# Pre War Ladies Schwinn World I had to buy



## 49autocycledeluxe (Jun 1, 2021)

for 40 bucks I had to go pick this up... this must be what it is like living back east!!! everyone should search San Francisco Bay Area Craigslist for Schwinn. for extra giggles have them posted by highest price first.  WTF!! (why the face) ...   prices are nuts here.

the guy who had it said it was 1941 based on some internet research, thankfully he did no research on parts prices🙂

rims say Superior by the valve stem. I did not see a name on the kickstand. one old pedal, I think is a mens. one cheap replacement.

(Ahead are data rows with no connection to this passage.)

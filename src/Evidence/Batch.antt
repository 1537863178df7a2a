-- ===== src/Evidence/Batch.antt =====
-- rintel/provider_arch/_publication_batch.py: the sealed value that the engine hands to publication.
use rintel_core.Prelude.{String, ◌||◌, List, Option, Result, ok, raise_if, ◌>>◌, ◌==◌, string_eq}
use rintel_core.Prelude.Json.{Fields}
use rintel_core.Evidence.Contract.{TruthClass, TargetResolution, Coverage, ExecutionModality}
use rintel_core.Evidence.Envelope.{Span, CanonicalStateRef}
use rintel_core.Evidence.Canonical.Reconcile.{CanonicalizationResult}

-- a support receipt, before its publication
pub record SupportReceipt : Type 0 where
  pub canonical_fact_identity : String
  pub source_admission : String
  pub provider : String
  pub provider_version : String
  pub provider_fact_id : String
  pub truth_class : TruthClass
  pub target_resolution : TargetResolution
  pub coverage : Coverage
  pub execution_modality : ExecutionModality
  pub scope : List String
  pub build_context_id : String
  pub provider_config_digest : String
  pub provenance : Fields
  pub source_span : Option Span
  pub registry_version : String
  pub rule_version : String

pub record CanonicalPublicationBatch : Type 0 where
  pub provider : String
  pub provider_version : String
  pub input_revision : String
  pub coverage : Fields
  pub warnings : List String
  pub reconciliation : CanonicalizationResult
  pub registry_version : String
  pub rule_version : String
  pub canonical_state_before : CanonicalStateRef
  pub canonical_state_after : CanonicalStateRef
  pub admission_digests : List String
  pub support_receipts : List SupportReceipt

pub data BatchError : Type 0 where
  batch_field_required : BatchError

-- `_issue_publication_batch`
unfoldable pub issue_publication_batch :
    CanonicalPublicationBatch → Result BatchError CanonicalPublicationBatch
issue_publication_batch b = do
  raise_if
      (b.provider == ""
        || b.provider_version == ""
        || b.input_revision == ""
        || b.registry_version == ""
        || b.rule_version == "")
      batch_field_required
  ok b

rear fender is Chrome and bolts to the axle with stamped braces that have screws and nuts holding the braces rather than rivets.. I think the fenders are later braces earlier..  welded on seat clamp, holes in the chainring, I notice the fork is different than my 1950 Fork. headset as well. I don't know if they show up on the pics, but much of the original box pinstripes are still here. I thought it was a repaint before I saw it. ... badge is missing.

my favorite part? about 20 minutes before I found this on Craigslist I inquired about a mens frame for sale in a photo in the So Cal bike swap post. frame was sold but then I asked about a lightweight chain guard also in the pic ... pre war bolt on $60 bucks (plus shipping)... (and it did not come with the rest of the bike) .. I need a maroon or violet 50's 60's one right now so I passed. for some reason, I thought there was no chain guard at all on this bike. must have been looking at the holes in the crank gear.

took it for a little spin, 40 PSI and the tires (not Schwinn) did not explode yet and it has been an hour so I'll call them good. coaster brake needs an overhaul... I have rebuilt 2 or 3 which makes me an expert now.

G57853 serial #

do these parts look like 1941? can anyone tell me anything about this HEAVY basket? what about the wheels with SUPERIOR on them ..  what about the kickstand?


----------



## 49autocycledeluxe (Jun 1, 2021)

very strange corrosion on these wheels. they are magnetic. so not "regular" stainless. not steel either I don't think. my pickled brain can't remember the name of the alloy I read about here .


----------



## lounging (Jun 1, 2021)

....


----------



## prewarmachine (Jun 1, 2021)

Nice score for $40. Love that the box pins hanging on. Cool bike!


----------



## 49autocycledeluxe (Jun 1, 2021)

lounging said:


> Post war buddy




thanks pal. I was speaking of World War II.


----------



## lounging (Jun 1, 2021)

49autocycledeluxe said:


> thanks pal. I was speaking of World War II.



thank you for enlightening me...🤪


----------



## 49autocycledeluxe (Jun 1, 2021)

this is my bike right here I'd bet. from the 1941 catalog. every lightweight in the 1941 catalog has the fender braces mounted on the axle. every lightweight in the 1946 catalog has the fender braces mounted on the tab on the frame like they have until they stopped making real Chicago Schwinns. 

welded on seat clamp.....  the 1946 catalog mentions the bolt on clamp as easily and cheaply replaced. I have not seen a post war lightweight with axle mounted fender braces and a welded on seat post clamp. not saying there wasn't any, but your reply gave me no information. 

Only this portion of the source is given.